* [Task to carry out]:
Where does the string "rest" appear? Copy every line of the entries below that holds it.

* [Material for this task]:
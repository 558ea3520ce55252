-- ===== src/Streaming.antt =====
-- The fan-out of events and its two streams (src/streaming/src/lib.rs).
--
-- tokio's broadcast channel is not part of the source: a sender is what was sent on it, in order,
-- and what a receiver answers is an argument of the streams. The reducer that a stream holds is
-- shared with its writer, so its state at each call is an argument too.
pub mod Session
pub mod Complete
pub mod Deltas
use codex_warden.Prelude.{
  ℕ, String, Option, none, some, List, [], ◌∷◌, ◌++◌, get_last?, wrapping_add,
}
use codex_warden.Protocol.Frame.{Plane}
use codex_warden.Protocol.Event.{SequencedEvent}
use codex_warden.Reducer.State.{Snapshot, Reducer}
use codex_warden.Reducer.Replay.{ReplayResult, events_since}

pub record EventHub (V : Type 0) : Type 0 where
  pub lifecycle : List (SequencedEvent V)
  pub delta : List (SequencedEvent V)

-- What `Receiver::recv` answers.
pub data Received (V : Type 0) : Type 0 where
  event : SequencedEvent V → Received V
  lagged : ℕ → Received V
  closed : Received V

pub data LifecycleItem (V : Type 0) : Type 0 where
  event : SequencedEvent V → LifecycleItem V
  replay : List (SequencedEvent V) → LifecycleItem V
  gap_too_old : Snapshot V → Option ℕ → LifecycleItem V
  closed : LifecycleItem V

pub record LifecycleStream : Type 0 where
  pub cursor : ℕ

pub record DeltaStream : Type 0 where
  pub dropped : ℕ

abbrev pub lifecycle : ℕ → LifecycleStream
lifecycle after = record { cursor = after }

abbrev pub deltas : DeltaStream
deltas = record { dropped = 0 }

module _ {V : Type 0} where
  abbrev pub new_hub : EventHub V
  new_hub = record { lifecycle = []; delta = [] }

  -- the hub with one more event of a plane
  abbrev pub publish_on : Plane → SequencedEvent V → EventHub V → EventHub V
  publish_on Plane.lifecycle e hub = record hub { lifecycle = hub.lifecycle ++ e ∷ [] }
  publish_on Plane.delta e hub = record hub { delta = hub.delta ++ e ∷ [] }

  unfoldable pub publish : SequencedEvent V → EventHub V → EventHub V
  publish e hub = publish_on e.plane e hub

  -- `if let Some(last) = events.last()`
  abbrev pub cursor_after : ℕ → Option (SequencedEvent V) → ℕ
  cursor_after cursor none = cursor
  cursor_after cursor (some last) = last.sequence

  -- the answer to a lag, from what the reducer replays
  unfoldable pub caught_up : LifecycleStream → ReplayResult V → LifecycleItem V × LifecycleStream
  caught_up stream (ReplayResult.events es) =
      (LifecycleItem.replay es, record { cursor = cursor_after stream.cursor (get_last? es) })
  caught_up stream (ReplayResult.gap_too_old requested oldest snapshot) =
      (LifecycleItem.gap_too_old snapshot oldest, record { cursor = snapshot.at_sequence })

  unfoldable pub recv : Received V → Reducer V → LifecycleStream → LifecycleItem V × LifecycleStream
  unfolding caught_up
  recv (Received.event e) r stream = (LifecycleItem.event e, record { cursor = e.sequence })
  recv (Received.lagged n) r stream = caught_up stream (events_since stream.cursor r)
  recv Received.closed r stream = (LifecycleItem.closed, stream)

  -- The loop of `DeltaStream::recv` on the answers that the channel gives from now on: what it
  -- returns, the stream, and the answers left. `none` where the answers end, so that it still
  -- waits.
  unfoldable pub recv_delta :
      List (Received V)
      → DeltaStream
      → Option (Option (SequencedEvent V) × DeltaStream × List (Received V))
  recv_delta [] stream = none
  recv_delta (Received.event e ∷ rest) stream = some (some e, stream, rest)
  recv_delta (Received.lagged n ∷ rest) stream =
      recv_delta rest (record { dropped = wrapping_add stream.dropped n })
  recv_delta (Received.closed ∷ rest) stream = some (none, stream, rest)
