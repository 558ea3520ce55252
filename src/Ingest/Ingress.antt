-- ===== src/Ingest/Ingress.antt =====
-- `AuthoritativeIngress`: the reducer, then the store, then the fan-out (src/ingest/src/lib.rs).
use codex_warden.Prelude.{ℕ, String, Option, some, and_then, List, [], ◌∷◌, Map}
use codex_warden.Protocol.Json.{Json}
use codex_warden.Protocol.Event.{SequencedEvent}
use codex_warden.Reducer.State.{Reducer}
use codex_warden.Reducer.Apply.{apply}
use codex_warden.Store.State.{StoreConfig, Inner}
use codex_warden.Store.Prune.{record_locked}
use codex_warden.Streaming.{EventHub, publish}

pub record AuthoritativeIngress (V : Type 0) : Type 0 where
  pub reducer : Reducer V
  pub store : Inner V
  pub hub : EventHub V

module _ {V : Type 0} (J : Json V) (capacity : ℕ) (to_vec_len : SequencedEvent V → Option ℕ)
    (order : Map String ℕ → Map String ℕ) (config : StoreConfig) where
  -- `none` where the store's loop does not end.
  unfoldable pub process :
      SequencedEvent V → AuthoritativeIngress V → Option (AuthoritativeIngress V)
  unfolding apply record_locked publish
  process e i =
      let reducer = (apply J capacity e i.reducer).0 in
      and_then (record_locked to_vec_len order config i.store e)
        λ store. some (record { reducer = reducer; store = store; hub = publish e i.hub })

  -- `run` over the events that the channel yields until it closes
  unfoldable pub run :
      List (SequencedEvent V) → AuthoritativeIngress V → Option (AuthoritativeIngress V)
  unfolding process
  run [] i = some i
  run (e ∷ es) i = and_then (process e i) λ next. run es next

--

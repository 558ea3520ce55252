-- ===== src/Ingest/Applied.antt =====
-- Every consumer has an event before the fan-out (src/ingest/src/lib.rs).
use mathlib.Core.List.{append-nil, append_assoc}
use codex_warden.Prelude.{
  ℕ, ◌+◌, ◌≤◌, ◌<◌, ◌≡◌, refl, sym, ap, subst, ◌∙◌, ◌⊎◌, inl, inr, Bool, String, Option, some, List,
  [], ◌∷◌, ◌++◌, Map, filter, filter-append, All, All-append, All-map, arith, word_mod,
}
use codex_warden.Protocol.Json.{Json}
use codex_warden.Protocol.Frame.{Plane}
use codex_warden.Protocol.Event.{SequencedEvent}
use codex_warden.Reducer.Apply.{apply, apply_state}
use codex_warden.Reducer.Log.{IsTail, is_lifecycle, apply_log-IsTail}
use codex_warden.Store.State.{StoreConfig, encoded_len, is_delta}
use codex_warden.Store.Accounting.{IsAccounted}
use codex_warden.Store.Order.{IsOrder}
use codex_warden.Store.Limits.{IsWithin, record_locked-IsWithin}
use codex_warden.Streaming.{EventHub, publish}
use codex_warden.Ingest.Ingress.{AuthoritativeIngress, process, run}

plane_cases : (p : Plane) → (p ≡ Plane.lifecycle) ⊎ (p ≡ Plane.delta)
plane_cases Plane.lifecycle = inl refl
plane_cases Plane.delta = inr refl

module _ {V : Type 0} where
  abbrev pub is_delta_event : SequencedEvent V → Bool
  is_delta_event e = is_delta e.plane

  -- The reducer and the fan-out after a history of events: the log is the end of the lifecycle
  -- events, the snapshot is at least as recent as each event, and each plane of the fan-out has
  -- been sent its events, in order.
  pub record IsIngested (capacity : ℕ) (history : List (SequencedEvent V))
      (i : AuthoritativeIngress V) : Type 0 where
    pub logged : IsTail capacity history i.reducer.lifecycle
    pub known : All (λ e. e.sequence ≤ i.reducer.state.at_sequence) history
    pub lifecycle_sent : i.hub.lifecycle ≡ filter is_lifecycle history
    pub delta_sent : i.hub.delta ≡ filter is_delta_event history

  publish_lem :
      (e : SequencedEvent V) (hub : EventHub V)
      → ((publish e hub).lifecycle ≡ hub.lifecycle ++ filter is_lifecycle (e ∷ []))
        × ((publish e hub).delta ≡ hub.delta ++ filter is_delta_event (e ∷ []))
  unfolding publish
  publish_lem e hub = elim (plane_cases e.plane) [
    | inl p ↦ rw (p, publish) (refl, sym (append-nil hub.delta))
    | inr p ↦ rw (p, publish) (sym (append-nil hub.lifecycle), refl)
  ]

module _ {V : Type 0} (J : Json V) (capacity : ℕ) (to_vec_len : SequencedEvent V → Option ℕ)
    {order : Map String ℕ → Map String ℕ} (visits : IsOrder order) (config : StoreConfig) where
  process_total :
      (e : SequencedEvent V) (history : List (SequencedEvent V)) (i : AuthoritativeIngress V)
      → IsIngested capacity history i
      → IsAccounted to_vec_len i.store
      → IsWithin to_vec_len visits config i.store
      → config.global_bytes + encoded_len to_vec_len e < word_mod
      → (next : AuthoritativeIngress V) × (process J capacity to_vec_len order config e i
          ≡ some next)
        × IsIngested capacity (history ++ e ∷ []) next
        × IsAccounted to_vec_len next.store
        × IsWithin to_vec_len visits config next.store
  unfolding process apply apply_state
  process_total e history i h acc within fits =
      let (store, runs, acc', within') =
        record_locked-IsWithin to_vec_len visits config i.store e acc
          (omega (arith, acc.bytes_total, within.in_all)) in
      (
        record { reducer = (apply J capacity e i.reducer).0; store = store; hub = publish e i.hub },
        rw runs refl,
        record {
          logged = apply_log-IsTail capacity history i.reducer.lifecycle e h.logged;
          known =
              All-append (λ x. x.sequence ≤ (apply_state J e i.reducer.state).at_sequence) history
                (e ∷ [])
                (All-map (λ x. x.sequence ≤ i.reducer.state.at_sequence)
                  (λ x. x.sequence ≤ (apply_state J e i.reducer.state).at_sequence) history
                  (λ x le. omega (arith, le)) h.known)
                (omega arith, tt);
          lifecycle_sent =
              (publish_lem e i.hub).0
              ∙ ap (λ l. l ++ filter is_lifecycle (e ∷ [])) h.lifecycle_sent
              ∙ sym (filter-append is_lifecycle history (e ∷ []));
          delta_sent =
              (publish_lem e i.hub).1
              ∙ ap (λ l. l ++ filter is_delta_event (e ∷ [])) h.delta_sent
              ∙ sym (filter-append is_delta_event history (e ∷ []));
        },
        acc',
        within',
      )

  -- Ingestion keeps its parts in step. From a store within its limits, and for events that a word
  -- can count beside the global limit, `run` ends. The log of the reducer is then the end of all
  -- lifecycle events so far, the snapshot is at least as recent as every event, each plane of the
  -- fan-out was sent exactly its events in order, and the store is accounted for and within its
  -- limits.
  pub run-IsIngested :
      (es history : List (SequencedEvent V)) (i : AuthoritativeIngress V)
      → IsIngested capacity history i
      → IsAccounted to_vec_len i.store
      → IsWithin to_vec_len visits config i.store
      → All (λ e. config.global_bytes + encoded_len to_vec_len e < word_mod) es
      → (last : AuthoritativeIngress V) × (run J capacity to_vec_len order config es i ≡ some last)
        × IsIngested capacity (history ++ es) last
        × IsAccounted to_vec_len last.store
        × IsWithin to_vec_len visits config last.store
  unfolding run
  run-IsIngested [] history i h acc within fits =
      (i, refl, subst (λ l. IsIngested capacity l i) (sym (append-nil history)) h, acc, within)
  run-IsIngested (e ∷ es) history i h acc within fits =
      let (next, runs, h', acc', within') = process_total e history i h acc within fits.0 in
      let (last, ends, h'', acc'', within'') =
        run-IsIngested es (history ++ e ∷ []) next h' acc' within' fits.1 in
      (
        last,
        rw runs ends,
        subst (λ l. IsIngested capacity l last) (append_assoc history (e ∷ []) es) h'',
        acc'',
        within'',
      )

* [Solution below]:
  recv_delta (Received.event e ∷ rest) stream = some (some e, stream, rest)
  recv_delta (Received.lagged n ∷ rest) stream =
      recv_delta rest (record { dropped = wrapping_add stream.dropped n })
  recv_delta (Received.closed ∷ rest) stream = some (none, stream, rest)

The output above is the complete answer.